Energy launches megasearch effort

Internet users will be able retrieve scientific research from four major portals by entering one query on one Web site.

A year from now, Internet users will be able retrieve scientific research from four major portals – Science.gov, a portal with millions of pages of pre-publication research findings, a search engine for science conference proceedings and a database of international research on energy – by entering one query on one Web site.

The megaportal initiative, dubbed Global Discovery, is a program of the Energy Department’s Office of Scientific and Technical Information. OSTI already hosts Science.gov, the most established tool for searching across disparate systems, data types and agencies. Since 2002, a dozen agencies have contributed to the portal, offering one-stop access to PubMed, MedlinePlus and DefenseLINK, among other databases.

Search engines such as Science.gov that can query databases in one shot are called metasearch engines. Traditional search engines, such as Google, never see all the information stored in databases.
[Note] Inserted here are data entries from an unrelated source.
-- ===== src/Parser/Block.antt =====
-- src/parser.c: parse_stmt, parse_block, and parse, where the recursion between expressions and
-- blocks is tied. Its depth is bounded by fuel; every recursive call stands behind a token that
-- was read, so that one more than the number of tokens is enough.
use lua2wasm.Prelude.{
  ℕ, zero, suc, ◌+◌, Bytes, codes, equal, length, take, List, [], ◌∷◌, Bool, false, ◌||◌, ltb,
  Option, none,
}
use lua2wasm.Lexer.Token.{TokKind}
use lua2wasm.Lexer.Scan.{Token}
use lua2wasm.Parser.Kinds.{same_kind}
use lua2wasm.Parser.Ast.{Stmt, stmt, Block, block, Stmts, stmts, no_stmts, LuaFunc}
use lua2wasm.Parser.Scope.{frame_init}
use lua2wasm.Parser.State.{
  beyond_marks, Parser, Action, Out, Complaint, plain, pure, give_up, gets, modify, branch,
  check_ok, fail_with, peek, peek_at, advance, last_line, name_of, ◌>>=◌, ◌>>◌,
}
use lua2wasm.Parser.Resolve.{globals_declare}
use lua2wasm.Parser.Calls.{Calls}
use lua2wasm.Parser.Expr.{parse_prec}
use lua2wasm.Parser.Local.{parse_local}
use lua2wasm.Parser.Control.{
  parse_if, parse_while, parse_do, parse_return, parse_repeat, parse_break,
}
use lua2wasm.Parser.Loops.{parse_for}
use lua2wasm.Parser.Assign.{parse_ident_stmt, parse_function_stmt}
use lua2wasm.Parser.Jumps.{parse_goto, parse_label}
use lua2wasm.Parser.Global.{parse_global}

abbrev among : TokKind → List TokKind → Bool
among k [] = false
among k (s ∷ ss) = same_kind k s || among k ss

unfoldable pub is_block_end : TokKind → List TokKind → Bool
is_block_end k stops = same_kind k TokKind.eof || among k stops

-- if (!st) continue;
unfoldable pub add_stmt : {F : Type 0} → Stmt F → Stmts F → Stmts F
add_stmt Stmt.null rest = rest
add_stmt (stmt line shape) rest = stmts (stmt line shape) rest

-- What makes the name `global` a keyword.
unfoldable pub follows_global : TokKind → Bool
unfolding same_kind
follows_global k =
    same_kind k TokKind.ident
    || same_kind k TokKind.kw_function
    || same_kind k TokKind.lt
    || same_kind k TokKind.star

module _ {F : Type 0} (toks : List (Token F)) where
  module _ (c : Calls F) where
    unfoldable pub parse_name_stmt : Token F → Action F (Stmt F)
    parse_name_stmt t =
        branch (equal (name_of t) (codes "global"))
          (do
            u ← peek_at toks 1
            branch (follows_global u.kind) (parse_global toks c) (parse_ident_stmt toks c))
          (parse_ident_stmt toks c)

    unfoldable pub parse_stmt : Action F (Stmt F)
    parse_stmt = do
      t ← peek toks
      branch (same_kind t.kind TokKind.semi) (do advance toks; pure Stmt.null)
          (branch (same_kind t.kind TokKind.kw_local) (parse_local toks c) (
            branch (same_kind t.kind TokKind.kw_function) (parse_function_stmt toks c) (
              branch (same_kind t.kind TokKind.kw_if) (parse_if toks c) (
                branch (same_kind t.kind TokKind.kw_while) (parse_while toks c) (
                  branch (same_kind t.kind TokKind.kw_do) (parse_do toks c) (
                    branch (same_kind t.kind TokKind.kw_return) (parse_return toks c) (
                      branch (same_kind t.kind TokKind.kw_for) (parse_for toks c) (
                        branch (same_kind t.kind TokKind.kw_repeat) (parse_repeat toks c) (
                          branch (same_kind t.kind TokKind.kw_break) (parse_break toks c) (
                            branch (same_kind t.kind TokKind.kw_goto) (parse_goto toks) (
                              branch (same_kind t.kind TokKind.dblcolon) (parse_label toks) (
                                branch (same_kind t.kind TokKind.lparen) (parse_ident_stmt toks c) (
                                  branch (same_kind t.kind TokKind.ident) (parse_name_stmt t) (
                                    fail_with toks Stmt.null
                                      (plain (codes "expected a statement"))))))))))))))))

    unfoldable pub block_loop : ℕ → List TokKind → Action F (Stmts F)
    block_loop zero stops = give_up
    block_loop (suc fuel) stops = check_ok no_stmts do
      t ← peek toks
      branch (is_block_end t.kind stops) (pure no_stmts) (do
        st ← parse_stmt
        check_ok no_stmts (do rest ← block_loop fuel stops; pure (add_stmt st rest)))

    -- The labels of the block are visible until it ends.
    unfoldable pub parse_block : List TokKind → Action F (Block F)
    parse_block stops = do
      outer_labels ← gets (λ p. length p.labels)
      outer_gotos ← gets (λ p. p.blk_gotos)
      outer_nactvar ← gets (λ p. p.blk_nactvar)
      modify (λ p. record p { blk_gotos = length p.gotos; blk_nactvar = length p.frame.locals })
      items ← block_loop (length toks + 1) stops
      line ← last_line toks
      modify (λ p. record p {
        labels = take outer_labels p.labels;
        blk_gotos = outer_gotos;
        blk_nactvar = outer_nactvar;
      })
      pure (block items line)

  unfoldable pub tie : ℕ → Calls F
  unfolding parse_prec
  tie zero = record { parse_prec = λ n. give_up; parse_block = λ stops. give_up }
  tie (suc fuel) =
      let c = tie fuel in
      record { parse_prec = λ n. parse_prec toks c n; parse_block = λ stops. parse_block c stops }

abbrev pub declare_all : List Bytes → List Bytes → List Bytes
declare_all gs [] = gs
declare_all gs (name ∷ names) = let (gs', i) = globals_declare gs name in declare_all gs' names

-- The library tables and the well-known globals.
abbrev pub well_known : List Bytes
well_known =
    codes "math"
    ∷ codes "string"
    ∷ codes "io"
    ∷ codes "table"
    ∷ codes "utf8"
    ∷ codes "debug"
    ∷ codes "package"
    ∷ codes "os"
    ∷ codes "coroutine"
    ∷ codes "_VERSION"
    ∷ codes "_G"
    ∷ []

unfoldable pub predeclared : List Bytes
unfolding globals_declare
predeclared = declare_all [] well_known

unfoldable pub initial : {F : Type 0} → Parser F
unfolding frame_init predeclared
initial = record {
  pos = 0;
  frame = frame_init;
  outer = [];
  funcs = [];
  cur_fn = none;
  globals = predeclared;
  labels = [];
  gotos = [];
  fn_labels = 0;
  fn_gotos = 0;
  blk_gotos = 0;
  blk_nactvar = 0;
  error = none;
}

pub record ParseResult (F : Type 0) : Type 0 where
  pub main_body : Block F
  pub main_n_locals : ℕ
  pub main_captured : List Bool
  pub funcs : List (LuaFunc F)
  pub globals : List Bytes
  pub error : Option (ℕ × Complaint)

-- From the block of the chunk to the result. memcpy copies n_locals marks of the main frame.
unfoldable pub finish_parse : {F : Type 0} → Block F → Action F (ParseResult F)
finish_parse main = do
  f ← gets (λ p. p.frame)
  branch (ltb (length f.captured) f.next_slot) beyond_marks (
      gets (λ p. record {
        main_body = main;
        main_n_locals = p.frame.next_slot;
        main_captured = take p.frame.next_slot p.frame.captured;
        funcs = p.funcs;
        globals = p.globals;
        error = p.error;
      }))

unfoldable pub parse_main : {F : Type 0} → List (Token F) → Action F (ParseResult F)
unfolding finish_parse
parse_main toks = (tie toks (suc (length toks))).parse_block (TokKind.eof ∷ []) >>= finish_parse

unfoldable pub parse : {F : Type 0} → List (Token F) → Out F (ParseResult F)
unfolding parse_main initial
parse toks = parse_main toks initial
Metasearch, also known as federated search, has one drawback that is complicating OSTI’s Global Discovery effort. It takes a lot of time for any technology to trigger multiple simultaneous queries of databases, the Web and site-specific search engines -- and then combine the search results.

“There’s limitations on the scalability of these metasearch techniques,” OSTI Director Walter Warnick said today. “The idea is to integrate, in effect, all kinds of databases, ours plus the others.” He announced the Global Discovery initiative last week at the American Association for the Advancement of Science’s annual meeting in St. Louis.

Today Warnick said the combination of these four portals is only the beginning of a long process. Analysts estimate that the majority of Web-accessible scientific documents are in databases, inaccessible to traditional search engines. To simultaneously search these databases and then integrate the results, software programmers cannot simply combine repositories. The formats and sizes of the databases vary widely.

OSTI, in collaboration with Science.gov’s participating agencies and the search software company Deep Web Technologies, is working to enhance the precision of search results from distributed resources and overcome the scalability constraints.

A year from now, Warnick expects to offer a portal that can search Science.gov, two of OSTI’s other search portals and the International Energy Agency’s Energy Technology Data Exchange, which contains a growing collection of more than 3,675,000 bibliographic records and more than 152,000 full text documents.

OSTI’s E-print Network search portal scours 20,000 Web sites and databases worldwide for e-prints, which are pre-publication scientific articles and scholarly papers that are circulated electronically, so that colleagues can share early research findings. The office’s new Science Conferences portal aggregates the conference proceedings from 16 databases run by scientific societies, Energy facilities and national labs.

Global Discovery’s goal is to accelerate scientific advancement by diffusing new research.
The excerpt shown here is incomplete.